Saved data entries:
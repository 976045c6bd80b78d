-- ===== src/Container/Tests.antt =====
-- Runs of a container, and the theorems at concrete containers.
use pdes.Base.Sorting.{sort, insert as insert_sorted}
use pdes.Base.{
  ℕ, ◌≡◌, ◌⊎◌, refl, true, false, [], ◌∷◌, ◌++◌, Perm, none, some, extract, front, rest, keep,
  last?,
}
use pdes.Container.Cancel.{annihilation, cancellation_conserves}
use pdes.Container.Causality.{TakesLeast, get_next_event_least}
use pdes.Container.Fossil.{Collects, fossil_collect-Collects}
use pdes.Container.History.{arrives, cancels, processes, collects, run, step, IsSound, run-IsSound}
use pdes.Container.{
  Container, unsorted, empty, insert, handle_anti_message, rollback, get_next_event, next_event,
  ensure_sorted, sort_by_receive_times, fossil_collect, collect, is_in_the_past, same_event,
  fossil_collect_event, fossil_collect_int, ofc_purge,
}
use pdes.Event.{Event, receive_less}

program : Unit {0}
unfolding insert handle_anti_message rollback get_next_event next_event ensure_sorted
    sort_by_receive_times fossil_collect collect is_in_the_past same_event extract front rest keep
    last? sort insert_sorted receive_less run step fossil_collect_event fossil_collect_int
program = tt

abbrev event : ℕ → ℕ → Event
event time id = record {
  sender = record { object = 1; manager = 0 };
  receiver = record { object = 0; manager = 0 };
  send_time = 0;
  receive_time = time;
  event_id = id;
}

-- Two events processed, one waiting.
abbrev busy : Container
busy = record empty { unprocessed = event 9 3 ∷ []; processed = event 2 1 ∷ event 5 2 ∷ [] }

out_of_order :
    get_next_event (insert (insert empty (event 9 1)) (event 4 2))
    ≡ (record empty { unprocessed = event 9 1 ∷ []; processed = event 4 2 ∷ [] }, some (event 4 2))
unfolding program
out_of_order = refl

straggler : (run busy (arrives (event 4 7) ∷ processes ∷ [])).processed ≡ event 2 1 ∷ event 4 7 ∷ []
unfolding program
straggler = refl

collected : fossil_collect busy 5 ≡ (record busy { processed = event 5 2 ∷ [] }, event 2 1 ∷ [])
unfolding program
collected = refl

collected_one : fossil_collect_event busy (event 5 2) ≡ record busy { processed = event 2 1 ∷ [] }
unfolding program
collected_one = refl

collected_approximately : (fossil_collect_int (λ t. t) busy 6).1 ≡ event 2 1 ∷ event 5 2 ∷ []
unfolding program
collected_approximately = refl

purged : (ofc_purge busy).0 ≡ empty
unfolding ofc_purge
purged = refl

busy-IsSound : IsSound busy
unfolding receive_less
busy-IsSound = record {
  flag = λ _. (tt, tt);
  causal = record { done = ((refl, tt), (tt, tt)); ahead = ((refl, tt), ((refl, tt), tt)) };
}

get_next_event_least_example :
    ((busy.unprocessed ≡ []) × (get_next_event busy ≡ (busy, none)))
    ⊎ ((e : Event) × ((get_next_event busy).1 ≡ some e) × TakesLeast busy (get_next_event busy).0 e)
get_next_event_least_example = get_next_event_least busy busy-IsSound.flag

annihilation_example :
    (handle_anti_message (insert busy (event 6 8)) (event 0 8)
      ≡ (record busy { removed = event 6 8 ∷ []; sort_status = unsorted }, true))
    × (insert (handle_anti_message busy (event 0 8)).0 (event 6 8)
        ≡ record busy { removed = event 6 8 ∷ [] })
    × ((handle_anti_message busy (event 0 8)).1 ≡ false)
unfolding program
annihilation_example = annihilation busy (event 6 8) (event 0 8) refl refl refl

cancellation_conserves_example :
    Perm
      ((insert busy (event 6 8)).unprocessed ++ (insert busy (event 6 8)).removed)
      (event 6 8 ∷ (busy.unprocessed ++ busy.removed))
    × Perm
        ((handle_anti_message busy (event 0 3)).0.unprocessed
          ++ (handle_anti_message busy (event 0 3)).0.removed)
        (busy.unprocessed ++ busy.removed)
cancellation_conserves_example = cancellation_conserves busy (event 6 8) (event 0 3)

fossil_collect-Collects_example :
    Collects busy (fossil_collect busy 5).0 5 (fossil_collect busy 5).1
fossil_collect-Collects_example =
    fossil_collect-Collects busy 5 busy-IsSound.flag busy-IsSound.causal.done

run-IsSound_example :
    IsSound (run busy (arrives (event 4 7) ∷ cancels (event 0 2) 3 ∷ processes ∷ collects 3 ∷ []))
run-IsSound_example =
    run-IsSound busy (arrives (event 4 7) ∷ cancels (event 0 2) 3 ∷ processes ∷ collects 3 ∷ [])
      busy-IsSound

• **WHAT THIS TASK INVOLVES**: Using the entries above, return exactly the lines from the line with "flag = λ _. (tt, tt);" to the line with "(handle_anti_message (insert busy", counting both of those lines.

• **ANSWER BOX**:
  flag = λ _. (tt, tt);
  causal = record { done = ((refl, tt), (tt, tt)); ahead = ((refl, tt), ((refl, tt), tt)) };
}

get_next_event_least_example :
    ((busy.unprocessed ≡ []) × (get_next_event busy ≡ (busy, none)))
    ⊎ ((e : Event) × ((get_next_event busy).1 ≡ some e) × TakesLeast busy (get_next_event busy).0 e)
get_next_event_least_example = get_next_event_least busy busy-IsSound.flag

annihilation_example :
    (handle_anti_message (insert busy (event 6 8)) (event 0 8)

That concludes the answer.